[Items listed in a dataset]
********

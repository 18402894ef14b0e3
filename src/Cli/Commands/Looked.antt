-- ===== src/Cli/Commands/Looked.antt =====
-- What `disco lookup` prints, with the daemon's socket server at the other end.
use disco.Base.{Str, List, Option, none, some, ◌≡◌, refl}
use disco.Clock.{Time}
use disco.Nss.{Record}
use disco.Timesync.Floats.{Floats}
use disco.Timesync.Service.{System}
use disco.Protocol.{
  Query, QueryType, Response, new_ok_response, new_not_found_response, ok_response,
}
use disco.Socket.{SocketServer, Announce}
use disco.Socket.Handlers.{answer_record, handle_query, handle_query_by_name}
use disco.Store.{get}
use disco.Cli.Commands.{Ending, done, not_found, answered, addresses_of, do_lookup}
use disco.Cli.Hosts.{name_query}
use disco.Cli.Ping.{handle_response}
use disco.Cli.Validation.{validate_hostname}

-- The addresses of a record, or that there is none.
abbrev pub shown : Option Record → Ending (List Str)
shown none = not_found
shown (some r) = done r.addresses

module _ {fl : Floats} where
  -- What the client reads of a daemon that has handled its query.
  abbrev pub answer_in : Option (SocketServer fl × Response fl) → Option (Response fl)
  answer_in none = none
  answer_in (some (srv, r)) = some r

  shown-answer_record :
      (ask : Query → Option (Response fl)) (id : Str) (now : Time) (q : Query) (o : Option Record)
      → answered {fl = fl}
          (handle_response fl (some (answer_record fl now q o)))
          (addresses_of fl ask id)
        ≡ shown o
  unfolding answer_record handle_response addresses_of new_ok_response new_not_found_response
      ok_response
  shown-answer_record ask id now q none = refl
  shown-answer_record ask id now q (some r) = refl

  -- For a name that passes the checks, `disco lookup` prints the addresses of the record that the
  -- daemon's store has for the name or the alias, and says that there is no such host just if the
  -- store has none.
  pub do_lookup-handle_query :
      (sys : System fl) (announce : Option Announce) (srv : SocketServer fl) (now : Time)
      (id hostname : Str)
      → validate_hostname hostname ≡ none
      → do_lookup fl (λ q. answer_in (handle_query fl now q sys announce srv)) id hostname
        ≡ shown (get srv.store now hostname)
  unfolding do_lookup handle_query handle_query_by_name
  do_lookup-handle_query sys announce srv now id hostname valid =
      rw (valid, do_lookup)
        (shown-answer_record (λ q. answer_in (handle_query fl now q sys announce srv)) id now
          (name_query QueryType.query_by_name hostname id) (get srv.store now hostname))
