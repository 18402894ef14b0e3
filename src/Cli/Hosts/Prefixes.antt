-- ===== src/Cli/Hosts/Prefixes.antt =====
-- Which host `disco hosts show` shows for the start of a machine id.
use disco.Base.{
  Str, true, List, [], ◌∷◌, some, ◌≡◌, refl, sym, ap, subst, In, here, there, In-select,
  In-of_In-select, arith,
}
use disco.Timesync.Floats.{Floats}
use disco.Protocol.{HostHealth, Response}
use disco.Cli.Hosts.{Shown, detail, by_prefix, choose, show_by_prefix}
use disco.Cli.Ping.{has_prefix, handle_response}

abbrev host_of : Shown → List HostHealth
host_of (detail h) = h ∷ []
host_of _ = []

choose_detail :
    (hosts : List HostHealth) (h : HostHealth) → choose hosts ≡ detail h → hosts ≡ h ∷ []
unfolding choose
choose_detail [] h e = absurd (ground arith)
choose_detail (g ∷ []) h e = ap host_of e
choose_detail (g ∷ next ∷ hosts) h e = absurd (ground arith)

one_of : {g h : HostHealth} → In g (h ∷ []) → g ≡ h
one_of (here e) = e
one_of (there i) = elim i [ ]

-- The host that is shown is the only one of the list whose machine id starts with the text.
pub show_by_prefix_unique :
    (fl : Floats) (r : Response fl) (name : Str) (h : HostHealth)
    → handle_response fl (some r) ≡ some r
    → show_by_prefix fl (some r) name ≡ detail h
    → In h r.hosts
      × (has_prefix name h.machine_id ≡ true)
      × ((g : HostHealth) → In g r.hosts → has_prefix name g.machine_id ≡ true → g ≡ h)
unfolding by_prefix show_by_prefix
show_by_prefix_unique fl r name h answered shown =
    let starts = λ (g : HostHealth). has_prefix name g.machine_id in
    let chosen : choose (by_prefix name r.hosts) ≡ detail h =
      rw (answered, show_by_prefix) at shown in
    let only : by_prefix name r.hosts ≡ h ∷ [] = choose_detail (by_prefix name r.hosts) h chosen in
    let (place, starting) = In-of_In-select starts r.hosts (subst (In h) (sym only) (here refl)) in
    (place, starting, λ g i s. one_of (subst (In g) only (In-select starts r.hosts i s)))
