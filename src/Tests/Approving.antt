-- ===== src/Tests/Approving.antt =====
-- The theorems on approvals at concrete requests.
use legal_ai_copilot.Prelude.{
  ℕ, String, true, none, [], ◌∷◌, ◌≡◌, ◌≢◌, ◌↔◌, refl, arith, Among, inl, ◌≤◌,
}
use legal_ai_copilot.Prelude.Table.{select, select_one, update_where}
use legal_ai_copilot.Cron.{expire_stale_ambiguity}
use legal_ai_copilot.Lifecycle.OpenChange.{is_decided}
use legal_ai_copilot.Models.{ApprovalRequest, WorkflowStatus, ApprovalStatus}
use legal_ai_copilot.Database.{Db}
use legal_ai_copilot.Http.{ok, Request}
use legal_ai_copilot.Approvals.{
  approve_via_token, reject_via_token, pass_gate, hmac_secret, is_ascii, list_pending_approvals,
}
use legal_ai_copilot.Approvals.Gate.{Passed}
use legal_ai_copilot.Approvals.Outcomes.{decision}
use legal_ai_copilot.Approvals.Rejection.{moved, moved_status, refused, reject_exact}
use legal_ai_copilot.Approvals.Listing.{is_listed, list_pending-page}
use legal_ai_copilot.Lifecycle.{Op, run, perform}
use legal_ai_copilot.Lifecycle.Decisions.{run-decided}
use legal_ai_copilot.Lifecycle.Replay.{approve_once}
use legal_ai_copilot.Tests.Fixtures.{
  services, services-IsSelecting, lawyer, token, reason, waiting, approval, IsKey-two,
}

-- the newer of two requests runs out first
abbrev newer : ApprovalRequest
newer = record (approval 2 ApprovalStatus.pending) { expires_at = 1500 }

abbrev two_requests : Db
two_requests = record waiting { approvals = newer ∷ approval 1 ApprovalStatus.pending ∷ [] }

abbrev newer_token : String
newer_token = "key|::|::||"

abbrev later : Request
later = record lawyer { now = 2000 }

two≢one : ◌≢◌ {A = ℕ} 2 1
two≢one e = absurd (omega (arith, e))

approve_once_example : ◌≢◌ {A = ℕ} 1 2
unfolding approve_via_token pass_gate run perform expire_stale_ambiguity select select_one
    update_where hmac_secret is_ascii
approve_once_example =
    approve_once services lawyer later 1 1 newer_token token two_requests
      (Op.expire_ambiguity 1200 ∷ []) (decision 1 newer WorkflowStatus.executing)
      (decision 1 (approval 1 ApprovalStatus.pending) WorkflowStatus.executing) services-IsSelecting
      (IsKey-two (λ a. a.id) newer (approval 1 ApprovalStatus.pending) two≢one) refl refl

reject_exact_example :
    (reject_via_token services lawyer 1 token reason waiting ≡ (
      ok (decision 1 (approval 1 ApprovalStatus.pending) WorkflowStatus.revising),
      moved lawyer 1 reason (refused lawyer (approval 1 ApprovalStatus.pending) reason waiting),
    ))
    ↔ ((a : ApprovalRequest) × Passed services lawyer 1 token waiting a
        × (decision 1 (approval 1 ApprovalStatus.pending) WorkflowStatus.revising
            ≡ decision 1 a (moved_status 1 waiting))
        × (moved lawyer 1 reason (refused lawyer (approval 1 ApprovalStatus.pending) reason waiting)
            ≡ moved lawyer 1 reason (refused lawyer a reason waiting)))
reject_exact_example =
    reject_exact services lawyer 1 token reason waiting
      (decision 1 (approval 1 ApprovalStatus.pending) WorkflowStatus.revising)
      (moved lawyer 1 reason (refused lawyer (approval 1 ApprovalStatus.pending) reason waiting))
      (omega arith)

-- the request of the other test, once it is spent
abbrev spent : Db
spent = record two_requests {
  approvals =
      record newer { status = ApprovalStatus.used } ∷ approval 1 ApprovalStatus.pending ∷ [];
}

run-decided_example :
    Among
      (record newer { status = ApprovalStatus.used })
      (run services (Op.reissue lawyer true 2 none ∷ Op.approve later 1 token ∷ []) spent).approvals
unfolding is_decided
run-decided_example =
    run-decided services (Op.reissue lawyer true 2 none ∷ Op.approve later 1 token ∷ []) spent
      (record newer { status = ApprovalStatus.used }) services-IsSelecting
      (IsKey-two (λ a. a.id) (record newer { status = ApprovalStatus.used })
        (approval 1 ApprovalStatus.pending) two≢one)
      (inl refl) refl

-- the request that a reissue for two hours gives
abbrev reissued_row : ApprovalRequest
reissued_row = record (approval 1 ApprovalStatus.pending) { expires_at = 8200 }

list_pending-page_example :
    (1 ≤ 10)
    × Among (approval 1 ApprovalStatus.pending) waiting.approvals
    × (is_listed lawyer (approval 1 ApprovalStatus.pending) ≡ true)
unfolding list_pending_approvals select
list_pending-page_example =
    list_pending-page services lawyer 10 0 waiting (approval 1 ApprovalStatus.pending ∷ []) 1 refl
      (approval 1 ApprovalStatus.pending) services-IsSelecting (inl refl)
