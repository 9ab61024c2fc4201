-- ===== src/Tests/Enrolled.antt =====
-- Two users of one organisation, their API keys, an open invite, and functions in place of the
-- hashes.
use Prim.Native.String.{◌++◌}
use legal_ai_copilot.Prelude.{
  ℕ, String, true, false, Option, none, some, List, [], ◌∷◌, ◌≢◌, str_eq, eq_iff, arith,
}
use legal_ai_copilot.Models.{UserRole}
use legal_ai_copilot.Accounts.Rows.{User, ApiKey, Invite, Accounts, Crypto, Fresh}
use legal_ai_copilot.Accounts.Unique.{IsUnique}
use legal_ai_copilot.Tests.Fixtures.{IsKey-one, IsKey-two}

abbrev first_invite : List Invite → Option Invite
first_invite [] = none
first_invite (i ∷ rest) = some i

abbrev pub crypto : Crypto
crypto = record {
  hash_api_key = λ key. "#" ++ key;
  sha256 = λ text. "#" ++ text;
  verify_password = λ password hash. str_eq password hash;
  lower = λ text. text;
  trim = λ text. text;
  utf8_length = λ text. 8;
  newest_invite = first_invite;
}

abbrev pub fresh : Fresh
fresh = record {
  user_id = 9;
  org_id = 9;
  key_id = 9;
  invite_id = 9;
  workspace_id = 9;
  token = "zzzz";
  hashed_password = "salted";
  now = 1000;
}

abbrev pub user : ℕ → String → Option String → UserRole → User
user id email sub role = record {
  id = id;
  email = email;
  supabase_user_id = sub;
  hashed_password = "secret";
  org_id = 1;
  role = role;
  personal_org_id = some 1;
  full_name = none;
}

abbrev pub ada : User
ada = user 1 "ada@x.org" (some "s1") UserRole.admin

abbrev pub bob : User
bob = user 2 "bob@x.org" none UserRole.member

abbrev pub key : ℕ → String → ℕ → ApiKey
key id text user_id = record {
  id = id;
  prefix = text;
  key_hash = "#" ++ text;
  user_id = user_id;
  org_id = 1;
  is_active = true;
}

abbrev pub invite : Invite
invite = record {
  id = 1;
  email = "cy@x.org";
  org_id = 1;
  role = UserRole.partner;
  token = "#tok";
  expires_at = 5000;
  is_accepted = false;
  created_at = 10;
}

abbrev pub accounts : Accounts
accounts = record {
  organizations = record { id = 1; slug = "acme"; name = some "Acme" } ∷ [];
  users = ada ∷ bob ∷ [];
  memberships =
      record { user_id = 1; org_id = 1; role = UserRole.admin }
      ∷ record { user_id = 2; org_id = 1; role = UserRole.member }
      ∷ [];
  api_keys = key 1 "sk_live_aaaa" 1 ∷ key 2 "sk_live_bbbb" 2 ∷ [];
  invites = invite ∷ [];
  workspaces = [];
}

emails-differ : ◌≢◌ {A = String} "ada@x.org" "bob@x.org"
emails-differ = ground (arith, eq_iff "ada@x.org" "bob@x.org")

hashes-differ : ◌≢◌ {A = String} "#sk_live_aaaa" "#sk_live_bbbb"
hashes-differ = ground (arith, eq_iff "#sk_live_aaaa" "#sk_live_bbbb")

one-ne-two : ◌≢◌ {A = ℕ} 1 2
one-ne-two e = omega arith

pub accounts-IsUnique : IsUnique accounts
accounts-IsUnique = record {
  user_ids = IsKey-two (λ (u : User). u.id) ada bob one-ne-two;
  user_emails = IsKey-two (λ (u : User). u.email) ada bob emails-differ;
  key_ids = IsKey-two (λ (k : ApiKey). k.id) _ _ one-ne-two;
  key_hashes = IsKey-two (λ (k : ApiKey). k.key_hash) _ _ hashes-differ;
  invite_ids = IsKey-one (λ (i : Invite). i.id) invite;
  invite_tokens = IsKey-one (λ (i : Invite). i.token) invite;
}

********

EXERCISE REQUIREMENTS. Return only the number of lines in the data that contain "emails".

WRITTEN ANSWER. 3